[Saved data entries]
_ _ _
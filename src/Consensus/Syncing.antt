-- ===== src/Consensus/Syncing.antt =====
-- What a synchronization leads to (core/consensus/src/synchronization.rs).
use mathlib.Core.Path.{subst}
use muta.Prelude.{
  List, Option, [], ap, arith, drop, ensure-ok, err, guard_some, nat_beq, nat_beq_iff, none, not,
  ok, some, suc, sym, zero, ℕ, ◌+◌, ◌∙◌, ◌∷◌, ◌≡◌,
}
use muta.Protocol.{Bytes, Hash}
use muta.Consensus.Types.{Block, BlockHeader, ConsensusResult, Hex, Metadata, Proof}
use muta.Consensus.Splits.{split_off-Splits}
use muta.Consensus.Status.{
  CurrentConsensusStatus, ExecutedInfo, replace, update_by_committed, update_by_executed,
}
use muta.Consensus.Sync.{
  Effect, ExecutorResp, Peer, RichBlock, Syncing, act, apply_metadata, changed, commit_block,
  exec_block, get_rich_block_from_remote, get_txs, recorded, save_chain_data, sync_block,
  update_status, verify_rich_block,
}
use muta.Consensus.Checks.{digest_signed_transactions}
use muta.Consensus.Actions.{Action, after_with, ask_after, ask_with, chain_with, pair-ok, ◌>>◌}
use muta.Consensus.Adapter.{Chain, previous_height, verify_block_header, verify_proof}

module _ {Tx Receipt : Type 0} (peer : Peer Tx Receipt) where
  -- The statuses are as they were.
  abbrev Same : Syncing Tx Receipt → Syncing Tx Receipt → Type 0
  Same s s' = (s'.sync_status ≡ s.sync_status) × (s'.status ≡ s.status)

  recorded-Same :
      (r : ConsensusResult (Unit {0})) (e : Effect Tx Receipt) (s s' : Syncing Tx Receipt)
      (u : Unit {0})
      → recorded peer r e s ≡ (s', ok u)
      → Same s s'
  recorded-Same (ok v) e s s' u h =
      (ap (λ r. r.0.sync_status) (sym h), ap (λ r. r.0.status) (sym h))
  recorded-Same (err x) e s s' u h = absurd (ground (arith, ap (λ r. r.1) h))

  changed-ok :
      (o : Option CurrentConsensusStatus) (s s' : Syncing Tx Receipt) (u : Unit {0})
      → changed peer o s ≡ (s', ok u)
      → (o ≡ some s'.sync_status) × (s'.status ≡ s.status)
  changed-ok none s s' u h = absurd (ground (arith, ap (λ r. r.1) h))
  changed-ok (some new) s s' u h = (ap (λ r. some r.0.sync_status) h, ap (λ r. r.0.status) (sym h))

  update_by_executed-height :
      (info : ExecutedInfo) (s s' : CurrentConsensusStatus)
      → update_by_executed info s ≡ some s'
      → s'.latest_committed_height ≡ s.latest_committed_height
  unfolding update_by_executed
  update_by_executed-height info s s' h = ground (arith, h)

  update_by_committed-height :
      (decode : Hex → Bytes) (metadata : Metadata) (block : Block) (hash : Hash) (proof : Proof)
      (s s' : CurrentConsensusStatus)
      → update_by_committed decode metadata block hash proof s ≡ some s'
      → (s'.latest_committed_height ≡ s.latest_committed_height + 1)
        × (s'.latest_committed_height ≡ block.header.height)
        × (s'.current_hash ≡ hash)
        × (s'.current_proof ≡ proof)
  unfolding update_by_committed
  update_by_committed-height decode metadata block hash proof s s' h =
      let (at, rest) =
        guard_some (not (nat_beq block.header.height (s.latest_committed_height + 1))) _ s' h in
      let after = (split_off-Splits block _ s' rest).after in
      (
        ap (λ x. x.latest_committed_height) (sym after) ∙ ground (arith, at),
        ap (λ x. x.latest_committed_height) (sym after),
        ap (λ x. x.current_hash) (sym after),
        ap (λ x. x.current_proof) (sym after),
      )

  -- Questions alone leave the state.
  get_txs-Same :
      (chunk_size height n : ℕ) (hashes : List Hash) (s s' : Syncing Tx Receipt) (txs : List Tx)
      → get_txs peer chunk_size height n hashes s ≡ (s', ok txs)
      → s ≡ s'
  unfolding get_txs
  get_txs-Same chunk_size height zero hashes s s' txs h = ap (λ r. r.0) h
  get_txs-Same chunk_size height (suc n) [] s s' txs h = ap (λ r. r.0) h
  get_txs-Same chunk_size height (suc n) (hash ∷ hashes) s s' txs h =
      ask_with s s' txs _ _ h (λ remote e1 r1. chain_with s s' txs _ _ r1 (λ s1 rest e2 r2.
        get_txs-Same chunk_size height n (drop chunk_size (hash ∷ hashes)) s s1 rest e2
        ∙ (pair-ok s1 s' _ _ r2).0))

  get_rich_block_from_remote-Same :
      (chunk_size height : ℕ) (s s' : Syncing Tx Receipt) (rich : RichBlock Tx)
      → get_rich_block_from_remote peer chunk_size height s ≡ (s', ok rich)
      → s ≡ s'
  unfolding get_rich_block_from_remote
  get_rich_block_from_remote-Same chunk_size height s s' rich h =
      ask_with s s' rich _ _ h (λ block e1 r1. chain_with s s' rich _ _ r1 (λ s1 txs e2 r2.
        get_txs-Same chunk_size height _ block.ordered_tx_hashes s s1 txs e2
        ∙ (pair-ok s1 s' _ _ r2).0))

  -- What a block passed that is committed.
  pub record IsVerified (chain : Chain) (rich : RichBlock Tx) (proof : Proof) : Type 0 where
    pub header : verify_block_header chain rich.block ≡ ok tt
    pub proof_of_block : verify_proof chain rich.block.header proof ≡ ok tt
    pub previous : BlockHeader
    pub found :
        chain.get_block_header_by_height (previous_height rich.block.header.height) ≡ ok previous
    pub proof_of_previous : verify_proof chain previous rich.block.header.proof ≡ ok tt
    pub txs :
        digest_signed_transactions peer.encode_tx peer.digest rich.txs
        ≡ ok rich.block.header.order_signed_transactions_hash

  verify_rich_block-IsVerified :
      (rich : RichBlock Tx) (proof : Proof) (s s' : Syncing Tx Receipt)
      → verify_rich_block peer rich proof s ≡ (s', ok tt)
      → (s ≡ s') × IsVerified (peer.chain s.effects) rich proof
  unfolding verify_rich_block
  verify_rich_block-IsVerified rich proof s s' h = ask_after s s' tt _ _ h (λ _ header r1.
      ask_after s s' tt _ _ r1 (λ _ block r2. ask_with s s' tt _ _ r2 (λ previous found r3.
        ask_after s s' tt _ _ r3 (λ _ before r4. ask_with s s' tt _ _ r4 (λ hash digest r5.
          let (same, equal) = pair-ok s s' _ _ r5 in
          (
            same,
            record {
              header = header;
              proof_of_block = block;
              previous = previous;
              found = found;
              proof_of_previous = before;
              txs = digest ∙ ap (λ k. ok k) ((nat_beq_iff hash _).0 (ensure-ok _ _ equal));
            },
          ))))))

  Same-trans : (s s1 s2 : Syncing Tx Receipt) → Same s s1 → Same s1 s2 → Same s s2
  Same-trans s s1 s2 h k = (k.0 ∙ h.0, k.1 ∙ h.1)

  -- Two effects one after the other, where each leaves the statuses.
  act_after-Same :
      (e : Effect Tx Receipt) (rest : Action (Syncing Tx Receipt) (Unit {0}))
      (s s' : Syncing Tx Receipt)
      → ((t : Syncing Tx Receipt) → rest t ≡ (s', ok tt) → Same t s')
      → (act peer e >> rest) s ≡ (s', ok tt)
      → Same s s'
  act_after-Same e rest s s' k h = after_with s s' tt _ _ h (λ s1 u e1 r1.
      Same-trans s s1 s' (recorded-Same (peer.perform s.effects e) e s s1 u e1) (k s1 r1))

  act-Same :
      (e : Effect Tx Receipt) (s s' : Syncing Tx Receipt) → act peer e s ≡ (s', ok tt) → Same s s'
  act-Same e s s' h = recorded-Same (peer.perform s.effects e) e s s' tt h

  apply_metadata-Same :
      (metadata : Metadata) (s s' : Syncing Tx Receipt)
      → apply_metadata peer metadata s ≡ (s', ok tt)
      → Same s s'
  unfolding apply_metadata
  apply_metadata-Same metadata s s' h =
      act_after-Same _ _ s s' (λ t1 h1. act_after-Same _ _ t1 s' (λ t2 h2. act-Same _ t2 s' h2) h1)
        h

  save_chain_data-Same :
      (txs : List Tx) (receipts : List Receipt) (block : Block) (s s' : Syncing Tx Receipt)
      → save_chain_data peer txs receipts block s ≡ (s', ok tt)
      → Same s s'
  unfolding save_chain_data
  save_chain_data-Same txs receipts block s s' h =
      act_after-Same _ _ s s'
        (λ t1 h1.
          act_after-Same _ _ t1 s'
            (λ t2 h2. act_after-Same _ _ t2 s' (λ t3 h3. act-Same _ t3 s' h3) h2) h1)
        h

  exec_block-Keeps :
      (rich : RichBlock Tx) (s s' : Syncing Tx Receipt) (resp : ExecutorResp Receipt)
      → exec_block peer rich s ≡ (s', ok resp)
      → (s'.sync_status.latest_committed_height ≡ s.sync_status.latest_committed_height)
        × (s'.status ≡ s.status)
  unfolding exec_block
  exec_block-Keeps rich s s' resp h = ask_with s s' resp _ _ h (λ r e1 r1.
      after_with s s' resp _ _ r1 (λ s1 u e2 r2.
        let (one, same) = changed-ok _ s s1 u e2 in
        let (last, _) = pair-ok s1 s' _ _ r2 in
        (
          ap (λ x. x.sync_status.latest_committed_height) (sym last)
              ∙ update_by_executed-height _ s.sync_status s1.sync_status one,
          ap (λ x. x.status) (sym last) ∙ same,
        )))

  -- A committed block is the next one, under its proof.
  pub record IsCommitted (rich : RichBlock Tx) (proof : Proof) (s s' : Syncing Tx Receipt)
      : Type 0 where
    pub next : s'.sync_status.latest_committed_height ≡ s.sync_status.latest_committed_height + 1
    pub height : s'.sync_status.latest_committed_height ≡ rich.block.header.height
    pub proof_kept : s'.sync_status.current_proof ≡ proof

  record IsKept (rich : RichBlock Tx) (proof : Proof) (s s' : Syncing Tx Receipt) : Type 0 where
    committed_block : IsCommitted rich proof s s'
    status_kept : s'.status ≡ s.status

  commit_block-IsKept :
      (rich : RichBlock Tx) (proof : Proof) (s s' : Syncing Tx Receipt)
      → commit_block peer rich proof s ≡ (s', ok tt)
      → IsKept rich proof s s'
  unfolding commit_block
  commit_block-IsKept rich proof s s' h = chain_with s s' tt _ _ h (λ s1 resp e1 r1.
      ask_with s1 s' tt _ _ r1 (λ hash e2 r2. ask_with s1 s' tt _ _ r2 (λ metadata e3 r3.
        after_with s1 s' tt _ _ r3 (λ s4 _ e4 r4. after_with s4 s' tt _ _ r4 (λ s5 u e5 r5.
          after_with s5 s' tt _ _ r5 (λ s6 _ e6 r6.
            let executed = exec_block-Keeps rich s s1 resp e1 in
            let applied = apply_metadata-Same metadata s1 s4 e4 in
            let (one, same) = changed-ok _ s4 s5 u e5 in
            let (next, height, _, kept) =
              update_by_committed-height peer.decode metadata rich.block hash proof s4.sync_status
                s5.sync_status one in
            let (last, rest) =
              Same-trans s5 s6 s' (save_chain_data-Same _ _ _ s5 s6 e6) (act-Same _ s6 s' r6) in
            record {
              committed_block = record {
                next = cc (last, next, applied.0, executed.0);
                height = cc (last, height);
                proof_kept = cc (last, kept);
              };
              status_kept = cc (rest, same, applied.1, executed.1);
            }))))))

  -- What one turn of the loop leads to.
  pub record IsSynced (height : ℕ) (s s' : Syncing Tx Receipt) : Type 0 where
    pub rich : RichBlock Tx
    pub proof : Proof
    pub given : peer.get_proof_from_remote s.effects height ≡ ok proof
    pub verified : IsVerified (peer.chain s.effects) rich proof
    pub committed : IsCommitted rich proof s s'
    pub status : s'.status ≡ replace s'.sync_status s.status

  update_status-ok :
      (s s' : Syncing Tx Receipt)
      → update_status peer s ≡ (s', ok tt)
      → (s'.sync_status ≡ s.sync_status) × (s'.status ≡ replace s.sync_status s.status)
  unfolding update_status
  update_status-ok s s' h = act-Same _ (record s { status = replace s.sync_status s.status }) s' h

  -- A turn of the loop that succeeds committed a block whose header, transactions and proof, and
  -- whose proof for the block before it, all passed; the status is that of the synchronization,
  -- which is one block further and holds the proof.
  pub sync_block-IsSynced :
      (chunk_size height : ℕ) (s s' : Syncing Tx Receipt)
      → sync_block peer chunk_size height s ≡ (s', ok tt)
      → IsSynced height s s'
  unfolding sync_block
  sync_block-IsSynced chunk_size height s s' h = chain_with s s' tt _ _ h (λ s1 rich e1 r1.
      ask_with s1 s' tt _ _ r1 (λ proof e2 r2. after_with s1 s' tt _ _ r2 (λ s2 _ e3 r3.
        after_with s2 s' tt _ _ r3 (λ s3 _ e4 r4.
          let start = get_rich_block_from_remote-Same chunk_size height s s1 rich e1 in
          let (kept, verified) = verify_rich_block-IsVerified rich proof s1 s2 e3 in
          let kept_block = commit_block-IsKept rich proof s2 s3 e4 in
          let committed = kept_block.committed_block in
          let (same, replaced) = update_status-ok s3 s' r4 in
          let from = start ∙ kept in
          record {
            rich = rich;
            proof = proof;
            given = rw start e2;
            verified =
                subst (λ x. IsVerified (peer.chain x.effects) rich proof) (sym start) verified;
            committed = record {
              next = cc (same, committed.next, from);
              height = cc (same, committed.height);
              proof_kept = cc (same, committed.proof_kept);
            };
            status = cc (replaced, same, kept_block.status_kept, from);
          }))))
_ _ _
• How to complete this task
Show all lines from the data above in which the word "List" appears.

• Answer space
  List, Option, [], ap, arith, drop, ensure-ok, err, guard_some, nat_beq, nat_beq_iff, none, not,
      (chunk_size height n : ℕ) (hashes : List Hash) (s s' : Syncing Tx Receipt) (txs : List Tx)
      (txs : List Tx) (receipts : List Receipt) (block : Block) (s s' : Syncing Tx Receipt)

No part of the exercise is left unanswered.